Jericho I have never watched.

I've been listening to a sort of 'radio play' about some survivors. It's about zombies though. It's all audio. A new part comes out every couple of weeks or so.

We're Alive - A "Zombie" Story of survival.

Each part is around 25 mb in size. If you've got a slow connection you might want to right click on the pictures and 'save as' so you can listen to them without download interruptions. Like I said it's about zombies. Nothing we would face in real life but better than nothing.


----------



## youpock

Yea it was hard getting through Jeremiah, I skipped maybe 15-20% of the episodes. They filled so much with irrelevant talking it was just boring. 

Haha I also realized that about the colony, and too some of the stuff they were creating is near impossible, when the crazy older guy twists his own coil to make the electrolysis system, when the showed a picture of the coil it was 100% PERFECT there's no way someone hand wound it. There's also tons of camera angles which means there has to be crew on set... lol

If your in the mood the first season of jericho is maybe worth a watch, I was looking last night and I found it on CBS's website so its available online if your bored.

I'm going to put some of that audio bit on my ipod, lol I'll listen to it in school.


----------



## NaeKid

One of my favorites was DarkAngel - I got it in the DVD box-sets. Great story about California following a horrible EMP attack .. reality - probably not, but, a great watch anyway.


----------



## allen_idaho

*Jericho* was a pretty good series overall. Well worth the watch from start to finish. I actually didn't see it until it had been cancelled for the second time so I didn't know what to expect. Some of the episodes could sort of drag on every now and then but for the most part it was well worth the watch. It was only 2 seasons long but I'm glad I bought the complete series.

*Day One* is another series that is supposed to be coming soon to NBC. Well, actually it was changed from being a series to being a mini-series. I don't know when it is supposed to premiere but it is about a group of neighbors in Van Nuys, California who find themselves as survivors of an unexplained global catastrophe. They then try to unravel the mystery of what exacty happened while trying to survive. Here is the website:
NBC.com - '+showname+'

*Survivors* is a british tv series which I haven't had a chance to see yet. It is a re-imagining of a tv series of the same name from the 1970's and is about a viral strain which wipes out 99% of the human population. It was recently picked up for a second season. Here is more information:
http://en.wikipedia.org/wiki/Survivors_(2008_TV_Series)

*Three Moons over Milford* was a series I had heard good things about but it was cancelled during it's first season. It is about a meteor which slams into the moon, breaking it into fragments.

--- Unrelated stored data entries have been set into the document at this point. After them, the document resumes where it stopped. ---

-- ===== src/Utils/Days/Names.antt =====
-- The names, the indices and the bits of the weekdays.
use deals_server.Prelude.{
  ℕ, zero, suc, ◌≤◌, ◌+◌, ◌≢◌, ap, some, All, get_elem?, length, ◌<◌, ◌^◌, ◌≡◌, refl, ◌⊎◌, inl, inr,
  List, [], ◌∷◌, arith, Text, text_eq, text_eq_iff, Bool-cases,
}
use native.Mathlib.Nat.{zero-add}
use deals_server.Utils.Strings.{to_lower_case}
use deals_server.Utils.Days.{
  day_names, search_days, day_of_week_from_str, day_of_week_bitmask_from_str,
  day_of_week_str_from_bitmask,
}

-- What the search answers: an index where the text stands, or 7 where it stands nowhere.
search_days_cases :
    (w : Text) (names : List Text) (i : ℕ)
    → ((search_days w names i ≡ 7) × All (λ name. name ≢ w) names)
      ⊎ ((k : ℕ) × (search_days w names i ≡ i + k) × (get_elem? names k ≡ some w))
unfolding search_days
search_days_cases w [] i = inl (refl, tt)
search_days_cases w (name ∷ names) i = elim (Bool-cases (text_eq name w)) [
  | inl same ↦ inr (0, rw same (omega arith), ap some ((text_eq_iff name w).0 same))
  | inr other ↦ elim (search_days_cases w names (suc i)) [
    | inl (none_here, differ) ↦
        inl (rw other none_here, ((λ e. absurd (ground (arith, text_eq_iff name w, e))), differ))
    | inr (k, found, at_k) ↦ inr (suc k, rw other (omega (arith, found)), at_k)
  ]
]

-- The bit of each entry is named by the entry.
days_bit :
    (k : ℕ) (w : Text)
    → get_elem? day_names k ≡ some w
    → (2 ^ k ≤ 64) × (day_of_week_str_from_bitmask (2 ^ k) ≡ w)
unfolding day_of_week_str_from_bitmask
days_bit zero w e = (omega arith, cc)
days_bit (suc zero) w e = (omega arith, cc)
days_bit (suc (suc zero)) w e = (omega arith, cc)
days_bit (suc (suc (suc zero))) w e = (omega arith, cc)
days_bit (suc (suc (suc (suc zero)))) w e = (omega arith, cc)
days_bit (suc (suc (suc (suc (suc zero))))) w e = (omega arith, cc)
days_bit (suc (suc (suc (suc (suc (suc zero)))))) w e = (omega arith, cc)
days_bit (suc (suc (suc (suc (suc (suc (suc k))))))) w e = absurd (ground arith)

-- From a name to its bit and back: a weekday's name, in any case, gives a bit up to 64 that is named
-- by it in lower case; any other text gives the bit 128, which has no name.
pub day_of_week_str_from_bitmask-from_str :
    (s : Text)
    → ((day_of_week_bitmask_from_str s ≤ 64)
        × (day_of_week_str_from_bitmask (day_of_week_bitmask_from_str s) ≡ to_lower_case s))
      ⊎ ((day_of_week_bitmask_from_str s ≡ 128)
          × (day_of_week_str_from_bitmask (day_of_week_bitmask_from_str s) ≡ [])
          × All (λ name. name ≢ to_lower_case s) day_names)
unfolding day_of_week_bitmask_from_str day_of_week_from_str day_of_week_str_from_bitmask
day_of_week_str_from_bitmask-from_str s = elim (search_days_cases (to_lower_case s) day_names 0) [
  | inl (seven, differ) ↦ inr (rw seven, rw seven, differ)
  | inr (k, found, at_k) ↦
      let (low, named) = days_bit k (to_lower_case s) at_k in
      inl (rw (found, zero-add) low, rw (found, zero-add) named)
]

get_elem?-lt {ℓ} :
    {A : Type ℓ} (xs : List A) (k : ℕ) (x : A) → get_elem? xs k ≡ some x → k < length xs
get_elem?-lt [] k x e = absurd (ground arith)
get_elem?-lt (y ∷ xs) zero x e = omega arith
get_elem?-lt (y ∷ xs) (suc k) x e = omega (arith, get_elem?-lt xs k x e)

-- The index of a text is that of a weekday, or 7.
pub day_of_week_from_str-le : (s : Text) → day_of_week_from_str s ≤ 7
unfolding day_of_week_from_str
day_of_week_from_str-le s = elim (search_days_cases (to_lower_case s) day_names 0) [
  | inl (seven, _) ↦ rw seven (omega arith)
  | inr (k, found, at_k) ↦
      rw (found, zero-add) (omega (arith, get_elem?-lt day_names k (to_lower_case s) at_k))
]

Those fragments slowly move toward Earth where they will eventually hit the planet and possibly end all life.
Here is more info:
Three Moons Over Milford - Wikipedia, the free encyclopedia

The *Battlestar Galactica* reboot miniseries is of course a post-apocalyptic story about a robotic revolution with the remnants of humanity waging war in space. I didn't get a chance to see it yet but it was very popular.

*The Tribe* is a show from New Zealand with a similar premise to Jeremiah. That is, a virus wipes out all of the adults, leaving a world full of children who must fend for themselves. I haven't seen it but it did last 5 seasons.

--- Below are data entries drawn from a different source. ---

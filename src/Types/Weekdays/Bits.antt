-- ===== src/Types/Weekdays/Bits.antt =====
-- The bit mask of a list of weekdays.
use Prim.Native.Nat.{bit_or, bit_and}
use mathlib.Core.Path.{subst}
use deals_server.Prelude.{
  ℕ, zero, suc, ◌/◌, ◌%◌, ◌^◌, ◌≤◌, ◌<◌, ◌≡◌, ◌≢◌, refl, sym, ◌∙◌, ◌⊎◌, inl, inr, ◌↔◌, Bool, true,
  false, ◌&&◌, List, [], ◌∷◌, arith, ltb, ltb→lt, ◌==◌, ==_iff, bool_eq, if◌then◌else◌, Bool-cases,
  Text, Outcome, ok, err, foreign, bad_parameter,
}
use deals_server.Utils.Days.{day_of_week_from_str, day_of_week_bitmask_from_str}
use deals_server.Utils.Days.Names.{day_of_week_from_str-le}
use deals_server.Utils.Strings.{split_string}
use deals_server.Utils.Strings.Split.{split_string-ne-nil}
use deals_server.Types.Weekdays.{join_days, weekdays_bitmask}

-- A test that each number under a bound passes.
each_under : ℕ → (ℕ → Bool) → Bool
each_under zero test = true
each_under (suc bound) test = each_under bound test && test bound

pass :
    (bound : ℕ) (test : ℕ → Bool)
    → each_under bound test ≡ true
    → (n : ℕ) → n < bound
    → test n ≡ true
unfolding each_under
pass zero test all n under = absurd (omega arith)
pass (suc bound) test all n under = ground (arith, pass bound test (ground arith) n)

abbrev pub bit : ℕ → ℕ → ℕ
bit j x = x / 2 ^ j % 2

or_test : ℕ → ℕ → ℕ → Bool
or_test x i j = bit j (bit_or x (2 ^ i)) == (if i == j then 1 else bit j x)

or_table :
    each_under 128
      (λ x. each_under 7 (λ i. ltb (bit_or x (2 ^ i)) 128 && each_under 7 (or_test x i)))
    ≡ true
unfolding each_under or_test
or_table = refl

and_table :
    each_under 128 (λ x. each_under 7 (λ i. bool_eq (bit_and (2 ^ i) x == 0) (bit i x == 0))) ≡ true
unfolding each_under
and_table = refl

-- Setting a bit sets that one and no other.
or_bit :
    (x i j : ℕ)
    → x < 128
    → i < 7
    → j < 7
    → (bit_or x (2 ^ i) < 128) × (bit j (bit_or x (2 ^ i)) ≡ (if i == j then 1 else bit j x))
or_bit x i j hx hi hj =
    let at_i = pass 7 _ (pass 128 _ or_table x hx) i hi in
    let (small, rest) = and_true _ _ at_i in
    (ltb→lt _ 128 small, (==_iff _ _).0 (unfold or_test in pass 7 (or_test x i) rest j hj))
  where
    and_true : (a b : Bool) → (a && b) ≡ true → (a ≡ true) × (b ≡ true)
    and_true true b h = (refl, h)
    and_true false b h = absurd (cc h)

-- A weekday's bit meets a mask just when the mask has that bit.
pub and_bit : (x i : ℕ) → x < 128 → i < 7 → (bit_and (2 ^ i) x ≡ 0) ↔ (bit i x ≡ 0)
and_bit x i hx hi = let e = pass 7 _ (pass 128 _ and_table x hx) i hi in ground (arith, e)

-- One of the names is that of day j.
abbrev pub Listed : ℕ → List Text → Type 0
Listed j [] = ⊥
Listed j (t ∷ ts) = (day_of_week_from_str t ≡ j) ⊎ Listed j ts

-- What the mask of some names is: the bits of the days that they name; where one of them names no
-- day, which is index 7, it is an error.
abbrev pub IsMask : List Text → Outcome ℕ → Type 0
IsMask tokens (ok b) =
    (b < 128) × ((j : ℕ) → j < 7 → (bit j b ≡ 1) ↔ Listed j tokens) × ¬ Listed 7 tokens
IsMask tokens (err e) = Listed 7 tokens × (e.error_code ≡ bad_parameter)
IsMask tokens foreign = ⊥

abbrev IsJoin : ℕ → List Text → Outcome ℕ → Type 0
IsJoin r tokens (ok b) =
    (b < 128)
    × ((j : ℕ) → j < 7 → (bit j b ≡ 1) ↔ ((bit j r ≡ 1) ⊎ Listed j tokens))
    × ¬ Listed 7 tokens
IsJoin r tokens (err e) = Listed 7 tokens × (e.error_code ≡ bad_parameter)
IsJoin r tokens foreign = ⊥

seven_of : (n : ℕ) → ltb n 7 ≡ false → n ≤ 7 → n ≡ 7
seven_of n h k = ground arith

-- One more name in front adds its bit.
cons-IsJoin :
    (r : ℕ) (t : Text) (ts : List Text) (o : Outcome ℕ)
    → r < 128
    → day_of_week_from_str t < 7
    → IsJoin (bit_or r (2 ^ day_of_week_from_str t)) ts o
    → IsJoin r (t ∷ ts) o
cons-IsJoin r t ts (ok b) hr ht (hb, bits, no_bad) = (
  hb,
  λ j hj. (
    λ e. elim ((bits j hj).0 e) [
      | inl old ↦
          (let m = (or_bit r (day_of_week_from_str t) j hr ht hj).1 in
            elim (Bool-cases (day_of_week_from_str t == j)) [
              | inl same ↦ inr (inl ((==_iff _ _).0 same))
              | inr other ↦ inl (sym (rw other at m) ∙ old)
            ])
      | inr later ↦ inr (inr later)
    ],
    λ e. (bits j hj).1 (elim e [
      | inl old ↦ inl (
          (or_bit r (day_of_week_from_str t) j hr ht hj).1
          ∙ keep (day_of_week_from_str t == j) (bit j r) old)
      | inr (inl here) ↦
          inl ((or_bit r (day_of_week_from_str t) j hr ht hj).1 ∙ rw ((==_iff _ _).1 here))
      | inr (inr later) ↦ inr later
    ]),
  ),
  λ e. elim e [ inl seven ↦ omega arith | inr later ↦ no_bad later ],
)
  where
    keep : (b : Bool) (x : ℕ) → x ≡ 1 → (if b then 1 else x) ≡ 1
    keep true x e = refl
    keep false x e = e
cons-IsJoin r t ts (err x) hr ht (bad_day, kind) = (inr bad_day, kind)
cons-IsJoin r t ts foreign hr ht j = j

bool_eq-false : (b : Bool) → bool_eq b false ≡ true → b ≡ false
bool_eq-false true h = absurd (cc h)
bool_eq-false false h = refl

pow_le : (i : ℕ) → i < 7 → ltb 64 (2 ^ i) ≡ false
unfolding each_under
pow_le i h = bool_eq-false _ (pass 7 (λ i. bool_eq (ltb 64 (2 ^ i)) false) refl i h)

join_days-IsJoin :
    (whole : Text) (r : ℕ) (tokens : List Text)
    → r < 128
    → IsJoin r tokens (join_days whole r tokens)
unfolding join_days day_of_week_bitmask_from_str
join_days-IsJoin whole r [] h =
    (h, λ j hj. (λ e. inl e, λ e. elim e [ inl x ↦ x | inr x ↦ absurd x ]), λ x. x)
join_days-IsJoin whole r (t ∷ ts) h = elim (Bool-cases (ltb (day_of_week_from_str t) 7)) [
  | inl day ↦
      let lt = ltb→lt (day_of_week_from_str t) 7 day in
      rw (pow_le (day_of_week_from_str t) lt) (
        cons-IsJoin r t ts _ h lt (
          join_days-IsJoin whole (bit_or r (2 ^ day_of_week_from_str t)) ts
            (or_bit r (day_of_week_from_str t) 0 h lt (omega arith)).0))
  | inr none_such ↦
      let seven : day_of_week_from_str t ≡ 7 =
        seven_of (day_of_week_from_str t) none_such (day_of_week_from_str-le t) in
      rw seven (inl seven, refl)
]

zero_bit : (j : ℕ) → j < 7 → bit j 0 ≢ 1
unfolding each_under
zero_bit j h e = let z = (==_iff (bit j 0) 0).0 (pass 7 (λ j. bit j 0 == 0) refl j h) in omega arith

none_zero : (b : ℕ) (tokens : List Text) → tokens ≢ [] → IsMask tokens (ok b) → b ≢ 0
none_zero b [] some_day m e = absurd (some_day refl)
none_zero b (t ∷ ts) some_day (hb, bits, no_bad) e =
    let i = day_of_week_from_str t in
    elim (Bool-cases (ltb (day_of_week_from_str t) 7)) [
      | inl day ↦
          let lt = ltb→lt (day_of_week_from_str t) 7 day in
          zero_bit (day_of_week_from_str t) lt
            (subst (λ b. bit (day_of_week_from_str t) b ≡ 1) e ((bits _ lt).1 (inl refl)))
      | inr none_such ↦
          no_bad (inl (seven_of (day_of_week_from_str t) none_such (day_of_week_from_str-le t)))
    ]

join-IsMask : (tokens : List Text) (o : Outcome ℕ) → IsJoin 0 tokens o → IsMask tokens o
join-IsMask tokens (ok b) (hb, bits, no_bad) = (
  hb,
  λ j hj. (
    λ e. elim ((bits j hj).0 e) [ inl old ↦ absurd (zero_bit j hj old) | inr x ↦ x ],
    λ x. (bits j hj).1 (inr x),
  ),
  no_bad,
)
join-IsMask tokens (err e) j = j
join-IsMask tokens foreign j = j

-- For a text that is not empty, the mask has the bits of the weekdays that the text names between
-- its commas, and no other; it is an error, a bad parameter, just where one of the names is none
-- of a weekday.
pub weekdays_bitmask-IsMask :
    (s : Text) → s ≢ [] → IsMask (split_string s (b',' ∷ [])) (weekdays_bitmask s)
unfolding weekdays_bitmask
weekdays_bitmask-IsMask [] h = absurd (h refl)
weekdays_bitmask-IsMask (c ∷ s) h =
    joined _ refl (
      join-IsMask (split_string (c ∷ s) (b',' ∷ [])) _ (join_days-IsJoin (c ∷ s) 0 _ (omega arith)))
  where
    joined :
        (o : Outcome ℕ)
        → join_days (c ∷ s) 0 (split_string (c ∷ s) (b',' ∷ [])) ≡ o
        → IsMask (split_string (c ∷ s) (b',' ∷ [])) o
        → IsMask (split_string (c ∷ s) (b',' ∷ [])) (weekdays_bitmask (c ∷ s))
    joined (ok b) e m = elim (Bool-cases (b == 0)) [
      | inl zero_mask ↦
          absurd
            (none_zero b _ (split_string-ne-nil b',' [] (c ∷ s) h) m ((==_iff b 0).0 zero_mask))
      | inr positive ↦ rw (e, weekdays_bitmask, positive) m
    ]
    joined (err x) e m = rw (e, weekdays_bitmask) m
    joined foreign e m = absurd m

*Odyssey 5* was supposed to have been pretty good but it only lasted one season. It is about five astronauts who witness the destruction of Earth and are sent five years back in time to try to keep that event from happening. Strangely, the show was cancelled even though it was one of Showtime's highest rated shows.

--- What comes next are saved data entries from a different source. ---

-- ===== src/Tests/Values.antt =====
-- The texts of the parameters, at concrete values.
use deals_server.Prelude.{◌≡◌, ◌≡◌, refl, false, some, [], ◌∷◌, Text, codes, ok, arith, length}
use deals_server.Prelude.Decimal.{read_digits}
use deals_server.Utils.Strings.{split_loop, split_string}
use deals_server.Utils.Strings.Split.{IsSplit, split_string-IsSplit}
use deals_server.Types.Params.{ObjectMap, Optional, optional, lookup}
use deals_server.Types.Params.Laws.{Built, required-Built}
use deals_server.Types.Scalars.{Number, number_of_text, number_parameter}
use deals_server.Types.Country.{country_to_code, code_to_country}
use deals_server.Types.Country.Table.{country_to_code-code_to_country}
use deals_server.Types.Weekdays.{weekdays_bitmask}
use deals_server.Types.Weekdays.Bits.{IsMask, weekdays_bitmask-IsMask}

abbrev weekend : Text
weekend = codes "sat,SUN"

weekdays_bitmask-IsMask_example :
    IsMask (split_string weekend (b',' ∷ [])) (weekdays_bitmask weekend)
weekdays_bitmask-IsMask_example = weekdays_bitmask-IsMask weekend (λ e. ground arith)

split_string-IsSplit_example :
    (split_loop (length weekend) (b',' ∷ []) weekend ≡ some (split_string weekend (b',' ∷ [])))
    × IsSplit (b',' ∷ []) weekend (split_string weekend (b',' ∷ []))
split_string-IsSplit_example = split_string-IsSplit b',' [] weekend

country_to_code-code_to_country_example :
    (c : Text) × (code_to_country 5 ≡ some (ok c)) × (country_to_code c ≡ ok 5)
country_to_code-code_to_country_example = country_to_code-code_to_country 5 (omega arith)

russia : country_to_code (codes "RU") ≡ ok 184
unfolding country_to_code
russia = refl

abbrev request : ObjectMap
request = record { name = codes "limit"; value = codes "42" } ∷ []

required-Built_example :
    Built Number request (codes "limit") (number_of_text (lookup request (codes "limit")))
required-Built_example = required-Built Number request (codes "limit")

abbrev limit_given : Optional Number
limit_given = record {
  base = record { paramter_undefined = false; value = 42 };
  parameter_name = codes "limit";
  parameter_value = codes "42";
}

limit_parsed : optional request (codes "limit") ≡ ok limit_given
unfolding optional lookup number_of_text read_digits
limit_parsed = refl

*Invasion* was a short lived series which lasted one season. It was similar to invasion of the body snatchers, about an alien parasite which begins taking over a small florida town after a hurricane. The show was cancelled by ABC because of Hurricane Katrina, feeling that viewers may be too sensitive about the storyline.


----------



## Canadian

I enjoyed Battlestar Galactica.


----------



## youpock

I forgot about Dark Angel, that show came out when I was like 12ish. I totally had the hots for jessica alba lol and she had super powers.

Some of these other shows look pretty good, I'm gonna have to get to it lol


----------



## Oroborus

I've watched Surviving Disaster on Spike, which depicts some pretty hardcore survival events. It doesn't have that MTV Real World type format that The Colony had and actually has some pretty good tips like hunkering down a nuclear fallout and working through a pandemic threat.


----------



## allen_idaho

I think I'd really like to put together something like "The Colony" as a training course. Do you think people would want to do something like that? 

I figure you could use a vacant, secluded area to use as your post-apocalyptic wasteland. Then have your "survivors" learning how to build a variety of useful things in order to survive for a week or two. This would be more of a technical course than a survival course.


----------



## magicJ3

the walking dead
the event
v
falling skies
under the dome
lost
defiance


----------



## VoorTrekker

allen_idaho said:


> I think I'd really like to put together something like "The Colony" as a training course. Do you think people would want to do something like that?
> 
> I figure you could use a vacant, secluded area to use as your post-apocalyptic wasteland. Then have your "survivors" learning how to build a variety of useful things in order to survive for a week or two. This would be more of a technical course than a survival course.


I like the idea, it may never make television, but videos do sell. 
As a real event, I can see people taking vacations so long as they don't have to experience too much hardship. (Hotels and restaurants available, etc.)

There was a TV show called "Marooned" way back when. A "reality show" which was cancelled before airing because the "players" quit because they didn't want to sleep on the deserted island and wanted daily shopping excursions for cigarettes and soda.


----------



## ZangLussuria

*Jericho* - I miss this show. They cancelled after 2 seasons so the end of the 2nd season's storyline was rushed. This was despite being iTunes most downloaded series at that time but the producers followed the Nielsen ratings instead. Season 3 was supposed to be a web comic just for closure. I'll look for the copy in my computer. Should be in there somewhere.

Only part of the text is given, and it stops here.